Saved entries:
******************************

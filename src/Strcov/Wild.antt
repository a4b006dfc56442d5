-- ===== src/Strcov/Wild.antt =====
-- strcov.c: striwildcmp and the match of a shell pattern.
use advancescan.Base.{
  ==_iff, Bool-cases, Bytes, [], ap, arith, false, inl, inr, refl, sym, true, ℕ, ◌++◌, ◌==◌, ◌↔◌,
  ◌∙◌, ◌∷◌, ◌≡◌, ◌≢◌, ◌⊎◌,
}
use advancescan.Strcov.{striwildcmp, toupper, wild_end, wild_star}

-- A string matches a pattern: `*` stands for any bytes, `?` for one, and another character for
-- itself in either case.
abbrev pub Matches : Bytes → Bytes → Type 0
Matches [] str = str ≡ []
Matches (p ∷ pattern) str =
    ((p ≡ b'*') × ((a b : Bytes) × (str ≡ a ++ b) × Matches pattern b))
    ⊎ ((p ≢ b'*')
        × ((c : ℕ) × (rest : Bytes) × (str ≡ c ∷ rest)
            × ((p ≡ b'?') ⊎ (toupper c ≡ toupper p))
            × Matches pattern rest))

nil_lem : (c : ℕ) (str : Bytes) → striwildcmp [] (c ∷ str) ≡ false
unfolding striwildcmp
nil_lem c str = refl

-- at the end of the string the loop does what its end does
striwildcmp_nil : (pattern : Bytes) → striwildcmp pattern [] ≡ wild_end pattern []
unfolding striwildcmp
striwildcmp_nil [] = refl
striwildcmp_nil (p ∷ pattern) = refl

star_here :
    (pattern str : Bytes)
    → striwildcmp pattern str ≡ true
    → wild_star (striwildcmp pattern) pattern str ≡ true
unfolding wild_star
star_here pattern [] h = sym (striwildcmp_nil pattern) ∙ h
star_here pattern (c ∷ str) h = rw h refl

star_skip :
    (pattern a b : Bytes)
    → striwildcmp pattern b ≡ true
    → wild_star (striwildcmp pattern) pattern (a ++ b) ≡ true
unfolding wild_star
star_skip pattern [] b h = star_here pattern b h
star_skip pattern (c ∷ a) b h = elim (Bool-cases (striwildcmp pattern (c ∷ (a ++ b)))) [
  | inl e ↦ rw e refl
  | inr e ↦ rw e (star_skip pattern a b h)
]

star_some :
    (pattern str : Bytes)
    → wild_star (striwildcmp pattern) pattern str ≡ true
    → (a b : Bytes) × (str ≡ a ++ b) × (striwildcmp pattern b ≡ true)
unfolding wild_star
star_some pattern [] h = ([], [], refl, striwildcmp_nil pattern ∙ h)
star_some pattern (c ∷ str) h = elim (Bool-cases (striwildcmp pattern (c ∷ str))) [
  | inl e ↦ ([], c ∷ str, refl, e)
  | inr e ↦
      let (a, b, s, m) = star_some pattern str (sym (skip e) ∙ h) in (c ∷ a, b, ap (◌∷◌ c) s, m)
]
  where
    skip :
        striwildcmp pattern (c ∷ str) ≡ false
        → wild_star (striwildcmp pattern) pattern (c ∷ str)
          ≡ wild_star (striwildcmp pattern) pattern str
    skip e = rw e refl

-- the end of the string is matched by stars alone
wild_end-Matches : (pattern : Bytes) → wild_end pattern [] ≡ true → Matches pattern []
wild_end-Matches [] h = refl
wild_end-Matches (p ∷ pattern) h = elim (Bool-cases (p == b'*')) [
  | inl e ↦
      let g : wild_end pattern [] ≡ true = cc (h, step e) in
      inl ((==_iff p b'*').0 e, ([], [], refl, wild_end-Matches pattern g))
  | inr e ↦ absurd (cc (h, stop e))
]
  where
    step : (p == b'*') ≡ true → wild_end (p ∷ pattern) [] ≡ wild_end pattern []
    step e = rw e refl

    stop : (p == b'*') ≡ false → wild_end (p ∷ pattern) [] ≡ false
    stop e = rw e refl

Matches-wild_end : (pattern : Bytes) → Matches pattern [] → wild_end pattern [] ≡ true
Matches-wild_end [] m = refl
Matches-wild_end (p ∷ pattern) (inl (star, (a, b, s, m))) =
    rw ((==_iff p b'*').1 star) (Matches-wild_end pattern (rw (none_left a b s) at m))
  where
    none_left : (a b : Bytes) → [] ≡ a ++ b → b ≡ []
    none_left [] b s = sym s
    none_left (x ∷ a) b s = absurd cc
Matches-wild_end (p ∷ pattern) (inr (star, (c, rest, s, q, m))) = absurd cc

module _ (p c : ℕ) (pattern str : Bytes) where
  at_star :
      (p == b'*') ≡ true
      → striwildcmp (p ∷ pattern) (c ∷ str) ≡ wild_star (striwildcmp pattern) pattern (c ∷ str)
  unfolding striwildcmp
  at_star e = rw e refl

  -- the character of the pattern takes this one
  at_taken :
      (p == b'*') ≡ false
      → (p ≡ b'?') ⊎ (toupper c ≡ toupper p)
      → striwildcmp (p ∷ pattern) (c ∷ str) ≡ striwildcmp pattern str
  unfolding striwildcmp
  at_taken e (inl q) = rw (e, (==_iff p b'?').1 q) refl
  at_taken e (inr q) = elim (Bool-cases (p == b'?')) [
    | inl f ↦ rw (e, f) refl
    | inr f ↦ rw (e, f, (==_iff (toupper c) (toupper p)).1 q) refl
  ]

  at_other :
      (p == b'*') ≡ false
      → (p == b'?') ≡ false
      → (toupper c == toupper p) ≡ false
      → striwildcmp (p ∷ pattern) (c ∷ str) ≡ false
  unfolding striwildcmp
  at_other e f g = rw (e, f, g) refl

not_eq : (a b : ℕ) → (a == b) ≡ false → a ≢ b
not_eq a b h = ground arith

-- one step, from the same about what is left of the pattern
module _ (p c : ℕ) (pattern str : Bytes)
    (rest_lem : (b : Bytes) → (striwildcmp pattern b ≡ true) ↔ Matches pattern b) where
  taken :
      (p == b'*') ≡ false
      → (p ≡ b'?') ⊎ (toupper c ≡ toupper p)
      → striwildcmp (p ∷ pattern) (c ∷ str) ≡ true
      → Matches (p ∷ pattern) (c ∷ str)
  taken e q h = inr (
    not_eq p b'*' e,
    (c, str, refl, q, (rest_lem str).0 (sym (at_taken p c pattern str e q) ∙ h)),
  )

  found :
      ((p == b'*') ≡ true) ⊎ ((p == b'*') ≡ false)
      → ((p == b'?') ≡ true) ⊎ ((p == b'?') ≡ false)
      → ((toupper c == toupper p) ≡ true) ⊎ ((toupper c == toupper p) ≡ false)
      → striwildcmp (p ∷ pattern) (c ∷ str) ≡ true
      → Matches (p ∷ pattern) (c ∷ str)
  found (inl e) _ _ h =
      let (a, b, s, m) = star_some pattern (c ∷ str) (sym (at_star p c pattern str e) ∙ h) in
      inl ((==_iff p b'*').0 e, (a, b, s, (rest_lem b).0 m))
  found (inr e) (inl f) _ h = taken e (inl ((==_iff p b'?').0 f)) h
  found (inr e) (inr f) (inl g) h = taken e (inr ((==_iff (toupper c) (toupper p)).0 g)) h
  found (inr e) (inr f) (inr g) h = absurd (cc (h, at_other p c pattern str e f g))

  finds : Matches (p ∷ pattern) (c ∷ str) → striwildcmp (p ∷ pattern) (c ∷ str) ≡ true
  finds (inl (e, (a, b, s, m))) =
      at_star p c pattern str ((==_iff p b'*').1 e)
      ∙ ap (wild_star (striwildcmp pattern) pattern) s
      ∙ star_skip pattern a b ((rest_lem b).1 m)
  finds (inr (n, (d, rest, s, q, m))) = elim (Bool-cases (p == b'*')) [
    | inl e ↦ absurd (n ((==_iff p b'*').0 e))
    | inr e ↦
        let same : c ≡ d = cc in
        let left : str ≡ rest = cc in
        at_taken p c pattern str e (rw same q) ∙ (rest_lem str).1 (rw left m)
  ]

-- striwildcmp finds a match exactly where the string matches the pattern.
pub striwildcmp-Matches :
    (pattern str : Bytes) → (striwildcmp pattern str ≡ true) ↔ Matches pattern str
striwildcmp-Matches [] [] = ((λ h. refl), (λ h. striwildcmp_nil []))
striwildcmp-Matches [] (c ∷ str) = ((λ h. absurd (cc (h, nil_lem c str))), (λ h. absurd cc))
striwildcmp-Matches (p ∷ pattern) [] = (
  (λ h. wild_end-Matches (p ∷ pattern) (sym (striwildcmp_nil (p ∷ pattern)) ∙ h)),
  (λ m. striwildcmp_nil (p ∷ pattern) ∙ Matches-wild_end (p ∷ pattern) m),
)
striwildcmp-Matches (p ∷ pattern) (c ∷ str) = (
  found p c pattern str (striwildcmp-Matches pattern) (Bool-cases (p == b'*'))
      (Bool-cases (p == b'?')) (Bool-cases (toupper c == toupper p)),
  finds p c pattern str (striwildcmp-Matches pattern),
)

******************************

*What the task requires:* The first line of the entries above marks where to begin; repeat each line exactly through the one that contains "Matches (p ∷ pattern) str", and include that line.

*Reply:*
filename src/Strcov/Wild.antt
repository a4b006dfc56442d5
-- ===== src/Strcov/Wild.antt =====
-- strcov.c: striwildcmp and the match of a shell pattern.
use advancescan.Base.{
  ==_iff, Bool-cases, Bytes, [], ap, arith, false, inl, inr, refl, sym, true, ℕ, ◌++◌, ◌==◌, ◌↔◌,
  ◌∙◌, ◌∷◌, ◌≡◌, ◌≢◌, ◌⊎◌,
}
use advancescan.Strcov.{striwildcmp, toupper, wild_end, wild_star}

-- A string matches a pattern: `*` stands for any bytes, `?` for one, and another character for
-- itself in either case.
abbrev pub Matches : Bytes → Bytes → Type 0
Matches [] str = str ≡ []
Matches (p ∷ pattern) str =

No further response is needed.